Collected data:
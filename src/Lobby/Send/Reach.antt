-- ===== src/Lobby/Send/Reach.antt =====
-- Who in a lobby is sent a packet, and in which form: the senders of src/subcmd.c and
-- src/subcmd-dcnte.c.
use ship_server.Base.{
  ℕ, zero, suc, ◌≡◌, Bool, ◌&&◌, not, List, [], ◌∷◌, map, Option, none, some, All, ◌==◌,
  if◌then◌else◌,
}
use ship_server.Lobby.Send.{Peer, Sent, is_nte, client_has_ignored}
use ship_server.Lobby.Send.Sent.{dc_form, bb_form, nte_to_dc, dc_to_nte, bb_to_nte, swapped}

-- The clients in the first n slots.
unfoldable pub members : ℕ → List (Option ℕ) → List ℕ
members zero slots = []
members (suc n) [] = []
members (suc n) (none ∷ slots) = members n slots
members (suc n) (some r ∷ slots) = r ∷ members n slots

unfoldable pub keep : (ℕ → Bool) → List ℕ → List ℕ
keep test [] = []
keep test (r ∷ rs) = let rest = keep test rs in if test r then r ∷ rest else rest

module _ {P : Type 0} where
  -- Whom a packet goes to.
  unfoldable pub receiver : Sent P → ℕ
  receiver (dc_form r p) = r
  receiver (bb_form r p) = r
  receiver (nte_to_dc r p) = r
  receiver (dc_to_nte r p) = r
  receiver (bb_to_nte r p) = r
  receiver (swapped r p) = r

  -- The packets go to the clients that a test takes, in the order of the slots, each in its form.
  abbrev pub Reaches :
      (ℕ → Bool) → (Sent P → Type 0) → ℕ → List (Option ℕ) → Option (List (Sent P)) → Type 0
  Reaches test Fits n slots out =
      (os : List (Sent P)) × (out ≡ some os)
      × (map receiver os ≡ keep test (members n slots))
      × All Fits os

-- Who should be sent what s sends: the others, less those who ignore s where that is asked.
unfoldable pub wants : (ℕ → Peer) → ℕ → Bool → ℕ → Bool
wants peers s igcheck r =
    not (s == r) && not (igcheck && client_has_ignored (peers r) (peers s).guildcard)

module _ {P : Type 0} (peers : ℕ → Peer) (pkt : P) where
  -- A packet of the sender's edition goes as it is to the clients of that edition, and to the others
  -- by way of a translation; `nte` says whether it is the network trial edition.
  abbrev pub IsSuited : Bool → (ℕ → P → Sent P) → (ℕ → P → Sent P) → Sent P → Type 0
  IsSuited nte plain translated o =
      (is_nte (peers (receiver o)) ≡ nte → o ≡ plain (receiver o) pkt)
      × (is_nte (peers (receiver o)) ≡ not nte → o ≡ translated (receiver o) pkt)

  module _ (plain translated : ℕ → P → Sent P) (to : (r : ℕ) → receiver (plain r pkt) ≡ r)
      (to' : (r : ℕ) → receiver (translated r pkt) ≡ r) where
    from_nte : ℕ → Sent P
    from_nte r = if is_nte (peers r) then plain r pkt else translated r pkt

    from_others : ℕ → Sent P
    from_others r = if not (is_nte (peers r)) then plain r pkt else translated r pkt
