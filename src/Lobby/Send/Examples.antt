-- ===== src/Lobby/Send/Examples.antt =====
-- The senders at a lobby of four: one of the network trial edition, and one who ignores the sender.
use ship_server.Base.{
  ℕ, ◌≡◌, refl, true, List, [], ◌∷◌, map, Option, none, some, replicate, ◌==◌, find_index,
  if◌then◌else◌,
}
use ship_server.Lobby.Send.{
  Peer, client_has_ignored, is_nte, is_ignored, is_sender, send_one, to_others, by_sender,
  lobby_send_pkt_dcnte, subcmd_send_lobby_dc, subcmd_send_lobby_bb,
}
use ship_server.Lobby.Send.Sent.{dc_form, dc_to_nte}
use ship_server.Lobby.Send.Reach.{members, keep, receiver, wants}

abbrev peer : ℕ → ℕ → ℕ → ℕ → Peer
peer version flags gcn ignored = record {
  version = version;
  flags = flags;
  guildcard = gcn;
  ignore_list = ignored ∷ replicate 9 0;
  blacklist = replicate 30 0;
}

abbrev peers : ℕ → Peer
peers r =
    if r == 10
    then peer 1 0 42 0
    else if r == 11
    then peer 0 0x10000 43 0
    else if r == 12
    then peer 3 0 44 42
    else peer 2 0 45 0

abbrev seats : List (Option ℕ)
seats = some 10 ∷ some 11 ∷ none ∷ some 12 ∷ some 13 ∷ replicate 7 none

abbrev pkt : List ℕ
pkt = 0x60 ∷ []

-- Client 12 ignores the sender, client 11 gets a translation.
test_send :
    subcmd_send_lobby_dc peers 12 seats (some 10) pkt true
    ≡ some (dc_to_nte 11 pkt ∷ dc_form 13 pkt ∷ [])
unfolding subcmd_send_lobby_dc to_others send_one is_ignored is_sender is_nte client_has_ignored
    find_index
test_send = refl

abbrev first : List ℕ
first = 1 ∷ []

abbrev second : List ℕ
second = 2 ∷ []

-- A sender of version 2 makes `lobby_send_pkt_dcnte` send h2 to client 11 too.
test_by_sender :
    lobby_send_pkt_dcnte peers 12 seats (some 10) first second true
    ≡ some (dc_form 11 second ∷ dc_form 13 second ∷ [])
unfolding lobby_send_pkt_dcnte to_others send_one is_ignored is_sender is_nte client_has_ignored
    find_index by_sender
test_by_sender = refl

-- These are the clients who should be sent it.
test_wants : keep (wants peers 10 true) (members 12 seats) ≡ 11 ∷ 13 ∷ []
unfolding keep wants members client_has_ignored find_index
test_wants = refl

test_receiver : map receiver (dc_to_nte 11 pkt ∷ dc_form 13 pkt ∷ []) ≡ 11 ∷ 13 ∷ []
unfolding receiver
test_receiver = refl

-- Nobody is the sender where that is NULL, and its guildcard is read.
test_null : subcmd_send_lobby_bb peers 12 seats none pkt true ≡ none
unfolding subcmd_send_lobby_bb to_others send_one is_ignored is_sender
test_null = refl
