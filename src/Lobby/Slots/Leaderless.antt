-- ===== src/Lobby/Slots/Leaderless.antt =====
-- When an election finds nobody: clients that joined in the second of the election.
use ship_server.Base.{
  ℕ, suc, ◌+◌, ◌≤◌, ◌≡◌, refl, ap, ◌∙◌, ◌⊎◌, zero, inl, inr, Bool, true, false, List, [], ◌∷◌,
  Option, none, some, ltb, ◌==◌, ◌&&◌, if◌then◌else◌, arith, take, get_or, set, has_flag,
  Bool-cases, ==_refl,
}
use ship_server.Lobby.{Lobby, Client, World, gc}
use ship_server.Lobby.Flag
use ship_server.Lobby.Slots.{
  elect, lobby_elect_leader_locked, lobby_elect_leader_cross_locked, or_zero, replace_leader,
  lobby_remove_client_locked,
}
use ship_server.Lobby.Slots.Leave.{remove-vacates, vacate-slots}

-- Nobody in the slot, or a client that joined at `now` or later.
abbrev Late : ℕ → (ℕ → Client) → ℕ → Option ℕ → Type 0
Late now of leader none = Unit
Late now of leader (some c) = now ≤ (of c).join_time

-- `Late` for the slots from i on, but for the leader's.
abbrev AllLate : ℕ → (ℕ → Client) → ℕ → ℕ → List (Option ℕ) → Type 0
AllLate now of leader i [] = Unit
AllLate now of leader i (x ∷ r) =
    (if i == leader then Unit else Late now of leader x) × AllLate now of leader (i + 1) r

not_before : (now t : ℕ) → now ≤ t → ltb t now ≡ false
not_before now t h = ground arith

first_free :
    (slots : List (Option ℕ)) (i : ℕ)
    → (i ≡ 0) ⊎ (get_or slots 0 none ≡ none)
    → get_or (set slots i none) 0 none ≡ none
first_free [] i z = refl
first_free (x ∷ r) zero z = refl
first_free (x ∷ r) (suc i) (inl e) = absurd (omega arith)
first_free (x ∷ r) (suc i) (inr e) = e

elect-late :
    (of : ℕ → Client) (eligible : Client → Bool) (leader now : ℕ) (slots : List (Option ℕ)) (i : ℕ)
    → AllLate now of leader i slots
    → elect of eligible leader slots i (none, now) ≡ (none, now)
unfolding elect
elect-late of eligible leader now [] i h = refl
elect-late of eligible leader now (none ∷ r) i h = elect-late of eligible leader now r (i + 1) h.1
elect-late of eligible leader now (some c ∷ r) i h = elim (Bool-cases (i == leader)) [
  | inl e ↦ rw e (elect-late of eligible leader now r (i + 1) h.1)
  | inr e ↦
      let late : ltb (of c).join_time now ≡ false = not_before now (of c).join_time (rw e at h.0) in
      rw (e, late) (elect-late of eligible leader now r (i + 1) h.1)
]

module _ (now : ℕ) (of : ℕ → Client) (l : Lobby) where
  abbrev slots : List (Option ℕ)
  slots = take l.max_clients l.clients

  elect_leader-late : AllLate now of l.leader_id 0 slots → lobby_elect_leader_locked now of l ≡ none
  unfolding lobby_elect_leader_locked
  elect_leader-late h = ap (λ p. p.0) (elect-late of (λ c. true) l.leader_id now slots 0 h)

  elect_cross-late :
      AllLate now of l.leader_id 0 slots → (lobby_elect_leader_cross_locked now of l).0 ≡ none
  unfolding lobby_elect_leader_cross_locked
  elect_cross-late h =
      let same = elect-late of (λ c. ltb c.version gc) l.leader_id now slots 0 h in
      rw (same, lobby_elect_leader_cross_locked)
        (rw (ap (λ p. p.1) same)
          (ap (λ p. p.0) (elect-late of (λ c. true) l.leader_id now slots 0 h)))

  replace_leader-late :
      AllLate now of l.leader_id 0 slots → (replace_leader now of l l.leader_id).leader_id ≡ 0
  unfolding replace_leader
  replace_leader-late h =
      rw (==_refl l.leader_id)
        (elim (Bool-cases (ltb l.version gc && has_flag l.flags Flag.gc_allowed)) [
          | inl x ↦ rw x (ap or_zero (elect_cross-late h))
          | inr x ↦ rw x (ap or_zero (elect_leader-late h))
        ])

-- When the leader goes, every other client joined in the second of the election or later, and slot 0
-- was the leader's own or free, nobody is elected: after `lobby_remove_client_locked` the leader is
-- slot 0, and no client is in it, whoever is left in the other slots.
pub lobby_remove_client_locked-leaderless :
    (now : ℕ) (w : World) (c l : ℕ)
    → get_or (w.lobbies l).clients (w.lobbies l).leader_id none ≡ some c
    → AllLate now w.clients
        (w.lobbies l).leader_id
        0
        (take (w.lobbies l).max_clients (w.lobbies l).clients)
    → ((w.lobbies l).leader_id ≡ 0) ⊎ (get_or (w.lobbies l).clients 0 none ≡ none)
    → let lob' = (lobby_remove_client_locked now w c (w.lobbies l).leader_id l).1.lobbies l in
      (lob'.leader_id ≡ 0) × (get_or lob'.clients lob'.leader_id none ≡ none)
lobby_remove_client_locked-leaderless now w c l e late z =
    let lob = w.lobbies l in
    let r = remove-vacates now w c lob.leader_id l e in
    let s = vacate-slots now w.clients lob lob.leader_id in
    let zero_leader = r.3 ∙ s.3 ∙ replace_leader-late now w.clients lob late in
    (zero_leader, rw (zero_leader, r.0, s.0) (first_free lob.clients lob.leader_id z))
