-- ===== src/Lobby/Slots/Examples.antt =====
-- The theorems on slots at a version 2 team of three clients: 10 leads from slot 0, 11 sits in
-- slot 1 and 12 in slot 3.
use ship_server.Base.{
  ℕ, ◌-◌, ◌≡◌, ◌<◌, inl, refl, [], ◌∷◌, none, some, ltb, ◌==◌, if◌then◌else◌, pos, neg, arith,
  get_elem?, get_or, set,
}
use ship_server.Lobby.{Client, World, dcv2, gc, type_lobby, holds}
use ship_server.Lobby.Sample.{client, team}
use ship_server.Lobby.Slots.{
  lobby_add_client_locked, lobby_remove_client_locked, lobby_elect_leader_locked,
  lobby_elect_leader_cross_locked, elect,
}
use ship_server.Lobby.Slots.Count.{IsCounted, lobby_add_client_locked-IsCounted}
use ship_server.Lobby.Slots.Join.{lobby_add_client_locked-seat}
use ship_server.Lobby.Slots.Leave.{
  lobby_remove_client_locked-IsCounted, lobby_remove_client_locked-leader,
}
use ship_server.Lobby.Slots.Leaderless.{lobby_remove_client_locked-leaderless}

-- Client 12 came before 11; 11 is of version 2, 12 of GC. Client 20 is in no lobby.
abbrev people : ℕ → Client
people k =
    if k == 10
    then client dcv2 100 (some 1) 0 50
    else if k == 11
    then client dcv2 101 (some 1) 1 70
    else if k == 12
    then client gc 102 (some 1) 3 60
    else client dcv2 103 none 0 0

abbrev world : World
world = record {
  clients = people;
  lobbies = λ l. team;
  block_lobbies = 1 ∷ [];
  num_games = 1;
  out = [];
}

team-IsCounted : IsCounted team
team-IsCounted = record { size = refl; two = omega arith; twelve = omega arith; counted = refl }

-- The oldest of the rest leads next; across platforms, the oldest of an older version than GC.
test-elect : lobby_elect_leader_locked 90 people team ≡ some 3
unfolding lobby_elect_leader_locked elect
test-elect = refl

test-elect_cross : (lobby_elect_leader_cross_locked 90 people team).0 ≡ some 1
unfolding lobby_elect_leader_cross_locked elect
test-elect_cross = refl

lobby_add_client_locked-IsCounted_example :
    let (code, w') = lobby_add_client_locked 90 world 20 1 in
    (code ≡ (if ltb 3 4 then pos 0 else neg 1)) × IsCounted (w'.lobbies 1)
lobby_add_client_locked-IsCounted_example =
    lobby_add_client_locked-IsCounted 90 world 20 1 team-IsCounted

lobby_add_client_locked-seat_example :
    let (code, w') = lobby_add_client_locked 90 world 20 1 in
    (i : ℕ) × (code ≡ pos 0)
    × (i < 4)
    × (get_or team.clients i none ≡ none)
    × ((w'.lobbies 1).clients ≡ set team.clients i (some 20))
    × ((w'.lobbies 1).num_clients ≡ 4)
    × ((w'.clients 20).client_id ≡ i)
    × ((w'.clients 20).cur_lobby ≡ some 1)
    × ((w'.clients 20).join_time ≡ 90)
    × ((w'.lobbies 1).leader_id ≡ (if 3 == 0 then i else 0))
lobby_add_client_locked-seat_example =
    lobby_add_client_locked-seat 90 world 20 1 team-IsCounted (omega arith)

lobby_remove_client_locked-IsCounted_example :
    let (code, w') = lobby_remove_client_locked 90 world 12 3 1 in
    (code ≡ (
      if holds (get_or team.clients 3 none) 12
      then (if team.type == type_lobby then pos 0 else if 3 - 1 == 0 then pos 1 else pos 0)
      else neg 1))
    × IsCounted (w'.lobbies 1)
lobby_remove_client_locked-IsCounted_example =
    lobby_remove_client_locked-IsCounted 90 world 12 3 1 team-IsCounted (omega arith)

lobby_remove_client_locked-leader_example :
    let lob' = (lobby_remove_client_locked 90 world 10 0 1).1.lobbies 1 in
    (e : ℕ) × (get_elem? lob'.clients lob'.leader_id ≡ some (some e))
lobby_remove_client_locked-leader_example =
    lobby_remove_client_locked-leader 90 world 10 1 1 11 refl refl (λ e. omega arith) (omega arith)

-- In second 60 the two others have not joined before now.
lobby_remove_client_locked-leaderless_example :
    let lob' = (lobby_remove_client_locked 60 world 10 0 1).1.lobbies 1 in
    (lob'.leader_id ≡ 0) × (get_or lob'.clients lob'.leader_id none ≡ none)
lobby_remove_client_locked-leaderless_example =
    lobby_remove_client_locked-leaderless 60 world 10 1 refl
      (tt, (omega arith, (tt, (omega arith, tt)))) (inl refl)
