-- ===== src/Quests.antt =====
-- src/quest_functions.c and the register handler of src/subcmd.c: what a quest asks of the server.
pub mod Functions
pub mod Calls
pub mod Registers
pub mod Sample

● The problem
List each line of the entries that holds the string "same".

● Problem solution
      let same = elect-late of (λ c. ltb c.version gc) l.leader_id now slots 0 h in
      rw (same, lobby_elect_leader_cross_locked)
        (rw (ap (λ p. p.1) same)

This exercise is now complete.